Maybe it was because in the writing of it, she had to let go of things she’d been clinging to for years. Maybe because, as painful as those things were, they were comfortable, familiar, and a part of her didn’t really want to see them exorcised. But now they were safely incarcerated in the pages of her manuscript. Soon they’d be edited and revised, edited and revised again. Then they’d be exposed to the light of the world. And, like all demons, in the sun they’d turn to piles of dust.
She laughed a little, just because of the lightness of her relief. She got up from her desk and tossed around the idea of going out for a pack of cigarettes. Maybe if Jeffrey wasn’t lying on the couch reading the Sunday Times, she’d go down to the bodega on the corner of Lafayette and Great Jones, smoke a cigarette on the street and then throw away the rest of the pack. But he’d be able to tell and then he’d give her a hard time. It wasn’t worth it.
“I’m done,” she called, walking out of her office and through the loft. But he wasn’t on the couch; he was standing at the counter that divided the kitchen from the living room, talking on the phone.
“Oops, sorry,” she said when she saw him.
He looked at her strangely when she walked in. She hadn’t heard the phone ring. She took a frosty bottle of Ketel One vodka from the freezer and poured herself a lowball, trying and failing to be quiet as she put some ice in the glass and squirted some lime juice from one of those little plastic bottles shaped cutely like a lime.

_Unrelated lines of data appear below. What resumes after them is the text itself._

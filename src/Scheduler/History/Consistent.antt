-- ===== src/Scheduler/History/Consistent.antt =====
-- The link numbers and the total weight stay right over any sequence of requests.
use chainlightning.Base.{
  ℕ, zero, suc, ◌≡◌, refl, ap, ◌∙◌, inl, inr, List, [], ◌∷◌, Bool, true, false, arith, Bool-cases,
  ltb, map, modify,
}
use chainlightning.Clock.{elapsed}
use chainlightning.Floats.{Floats}
use chainlightning.Scheduler.State.{
  LinkState, LinkScheduler, record_sent, record_delivered, update_rtt, sum_weights, total_of,
}
use chainlightning.Scheduler.Weights.{
  adjust, reset, put_weights, maybe_adjust_weights, ack_bytes, set_weights,
  set_rate_controlled_weights, force_recalculate, measure_link, update_link,
}
use chainlightning.Scheduler.Select.{schedule, indexes}
use chainlightning.Scheduler.History.{
  Request, schedules, measures, acks, sets, rates, resets, step, run,
}

-- The ids of the links.
abbrev pub ids : List LinkState → List ℕ
ids = map λ l. l.id

-- A change that keeps every id, made anywhere, keeps the list of ids.
module _ (f : LinkState → LinkState) (keeps : (l : LinkState) → (f l).id ≡ l.id) where
  ids-modify : (ls : List LinkState) (k : ℕ) → ids (modify f ls k) ≡ ids ls
  ids-modify [] k = refl
  ids-modify (l ∷ ls) zero = rw (keeps l)
  ids-modify (l ∷ ls) (suc k) = ap (◌∷◌ l.id) (ids-modify ls k)

  ids-map : (ls : List LinkState) → ids (map f ls) ≡ ids ls
  ids-map [] = refl
  ids-map (l ∷ ls) = rw (keeps l, ids-map ls)

ids-put :
    (put : ℕ → LinkState → LinkState)
    → ((w : ℕ) (l : LinkState) → (put w l).id ≡ l.id)
    → (ls : List LinkState) (ws : List ℕ) → ids (put_weights put ls ws) ≡ ids ls
unfolding put_weights
ids-put put keeps [] ws = refl
ids-put put keeps (l ∷ ls) [] = refl
ids-put put keeps (l ∷ ls) (w ∷ ws) = rw (keeps w l, ids-put put keeps ls ws)

-- The total of the weights is unchanged where the weights are.
sum-modify :
    (f : LinkState → LinkState)
    → ((l : LinkState) → (f l).weight ≡ l.weight)
    → (ls : List LinkState) (k : ℕ) → sum_weights (modify f ls k) ≡ sum_weights ls
unfolding sum_weights
sum-modify f keeps [] k = refl
sum-modify f keeps (l ∷ ls) zero = rw (keeps l)
sum-modify f keeps (l ∷ ls) (suc k) = rw (sum-modify f keeps ls k)

-- The `n` links are numbered from 0, and the total weight is that of the weights as they stand.
pub record IsConsistent {F : Type 0} (n : ℕ) (s : LinkScheduler F) : Type 0 where
  pub numbered : ids s.links ≡ indexes 0 n
  pub total : s.total_weight ≡ total_of s.links

module _ {F : Type 0} (n : ℕ) (s : LinkScheduler F) (h : IsConsistent n s) where
  -- An operation on one link that keeps its id and weight.
  modify-IsConsistent :
      (f : LinkState → LinkState) (k : ℕ)
      → ((l : LinkState) → (f l).id ≡ l.id)
      → ((l : LinkState) → (f l).weight ≡ l.weight)
      → IsConsistent n (record s { links = modify f s.links k })
  unfolding total_of
  modify-IsConsistent f k same_id same_weight = record {
    numbered = ids-modify f same_id s.links k ∙ h.numbered;
    total = rw (sum-modify f same_weight s.links k) h.total;
  }

  schedule-IsConsistent :
      (chunk_size : ℕ) (multi_link : Bool) → IsConsistent n (schedule s chunk_size multi_link).1
  unfolding schedule
  schedule-IsConsistent chunk_size true =
      let m = modify-IsConsistent (record_sent chunk_size) _ (λ l. refl) (λ l. refl) in
      record { numbered = m.numbered; total = m.total }
  schedule-IsConsistent chunk_size false =
      let m = modify-IsConsistent (record_sent chunk_size) _ (λ l. refl) (λ l. refl) in
      record { numbered = m.numbered; total = m.total }

  ack_bytes-IsConsistent : (link_id bytes : ℕ) → IsConsistent n (ack_bytes link_id bytes s)
  unfolding ack_bytes record_delivered
  ack_bytes-IsConsistent link_id bytes =
      modify-IsConsistent (record_delivered bytes) link_id (λ l. refl) (λ l. refl)

  -- The operations that set weights compute the total anew.
  maybe_adjust_weights-IsConsistent : (now : ℕ) → IsConsistent n (maybe_adjust_weights now s)
  unfolding maybe_adjust_weights
  maybe_adjust_weights-IsConsistent now =
      let late = ltb (elapsed now s.last_adjustment) s.adjustment_interval in
      elim (Bool-cases late) [
        | inl e ↦ rw e h
        | inr e ↦
            rw e
              (record { numbered = ids-map adjust (λ l. refl) s.links ∙ h.numbered; total = refl })
      ]

  set_weights-IsConsistent : (ws : List ℕ) → IsConsistent n (set_weights ws s)
  unfolding set_weights
  set_weights-IsConsistent ws = record {
    numbered = ids-put _ (λ w l. refl) s.links ws ∙ h.numbered;
    total = refl;
  }

  set_rate_controlled_weights-IsConsistent :
      (ws : List ℕ) → IsConsistent n (set_rate_controlled_weights ws s)
  unfolding set_rate_controlled_weights
  set_rate_controlled_weights-IsConsistent ws = record {
    numbered = ids-put _ (λ w l. refl) s.links ws ∙ h.numbered;
    total = refl;
  }

  force_recalculate-IsConsistent : IsConsistent n (force_recalculate s)
  unfolding force_recalculate
  force_recalculate-IsConsistent = record {
    numbered = ids-map reset (λ l. refl) s.links ∙ h.numbered;
    total = refl;
  }

-- Measuring a link keeps its id and its weight.
module _ (fl : Floats) (measured rtt_us now : ℕ) (l : LinkState) where
  update_rtt-id : (update_rtt fl rtt_us l).id ≡ l.id
  unfolding update_rtt
  update_rtt-id = ground arith

  update_rtt-weight : (update_rtt fl rtt_us l).weight ≡ l.weight
  unfolding update_rtt
  update_rtt-weight = ground arith

  measure_link-id : (measure_link fl measured rtt_us now l).id ≡ l.id
  unfolding measure_link record_delivered
  measure_link-id = elim (Bool-cases (ltb 0 measured)) [
    | inl e ↦ rw e update_rtt-id
    | inr e ↦ rw e update_rtt-id
  ]

  measure_link-weight : (measure_link fl measured rtt_us now l).weight ≡ l.weight
  unfolding measure_link record_delivered
  measure_link-weight = elim (Bool-cases (ltb 0 measured)) [
    | inl e ↦ rw e update_rtt-weight
    | inr e ↦ rw e update_rtt-weight
  ]

module _ (fl : Floats) (n : ℕ) where
  open fl use {F64}

  step-IsConsistent :
      (s : LinkScheduler F64) (r : Request) → IsConsistent n s → IsConsistent n (step fl s r)
  unfolding step update_link
  step-IsConsistent s (schedules chunk_size multi_link) h =
      schedule-IsConsistent n s h chunk_size multi_link
  step-IsConsistent s (measures link_id measured rtt_us healthy now) h =
      maybe_adjust_weights-IsConsistent n _
        (modify-IsConsistent n s h (measure_link fl measured rtt_us now) link_id
          (measure_link-id fl measured rtt_us now) (measure_link-weight fl measured rtt_us now))
        now
  step-IsConsistent s (acks link_id bytes) h = ack_bytes-IsConsistent n s h link_id bytes
  step-IsConsistent s (sets ws) h = set_weights-IsConsistent n s h ws
  step-IsConsistent s (rates ws) h = set_rate_controlled_weights-IsConsistent n s h ws
  step-IsConsistent s resets h = force_recalculate-IsConsistent n s h

  pub run-IsConsistent :
      (s : LinkScheduler F64) (rs : List Request) → IsConsistent n s → IsConsistent n (run fl s rs)
  unfolding run
  run-IsConsistent s [] h = h
  run-IsConsistent s (r ∷ rs) h = run-IsConsistent (step fl s r) rs (step-IsConsistent s r h)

“I see,” he said, lowering his eyes to the floor beneath his feet, tapping a pen on the countertop. “No, I’d rather tell her, David, if you don’t mind.”
“Is that my grandfather?” Lydia asked, looking at him now. She could tell there was something wrong, but she sipped at the drink in her hand and pretended she couldn’t. She needed a few minutes to enjoy the completion of her manuscript before life leaked in and started demanding attention.
Jeffrey put the phone back in the cradle and didn’t look at her right away.
“Did you hear me? I’m finished. I finished The Lost Girl.”
“That’s fantastic. Congratulations,” he said softly, moving toward her and taking her into his arms.
“Want a drink?” she asked.
“Not right now,” he said. She pulled away from him after a second and then walked over to the living room. The fire they’d made earlier in the afternoon was low, just a few flames danced. Outside, a light snow tapped against the windows and their view of lower Manhattan was obscured by frost.
She sat on the couch and curled her legs up beneath her. Something in her chest was thumping. She didn’t like the look on Jeffrey’s face or the careful way he was moving toward her.
“There’s some news,” he said, sitting beside her.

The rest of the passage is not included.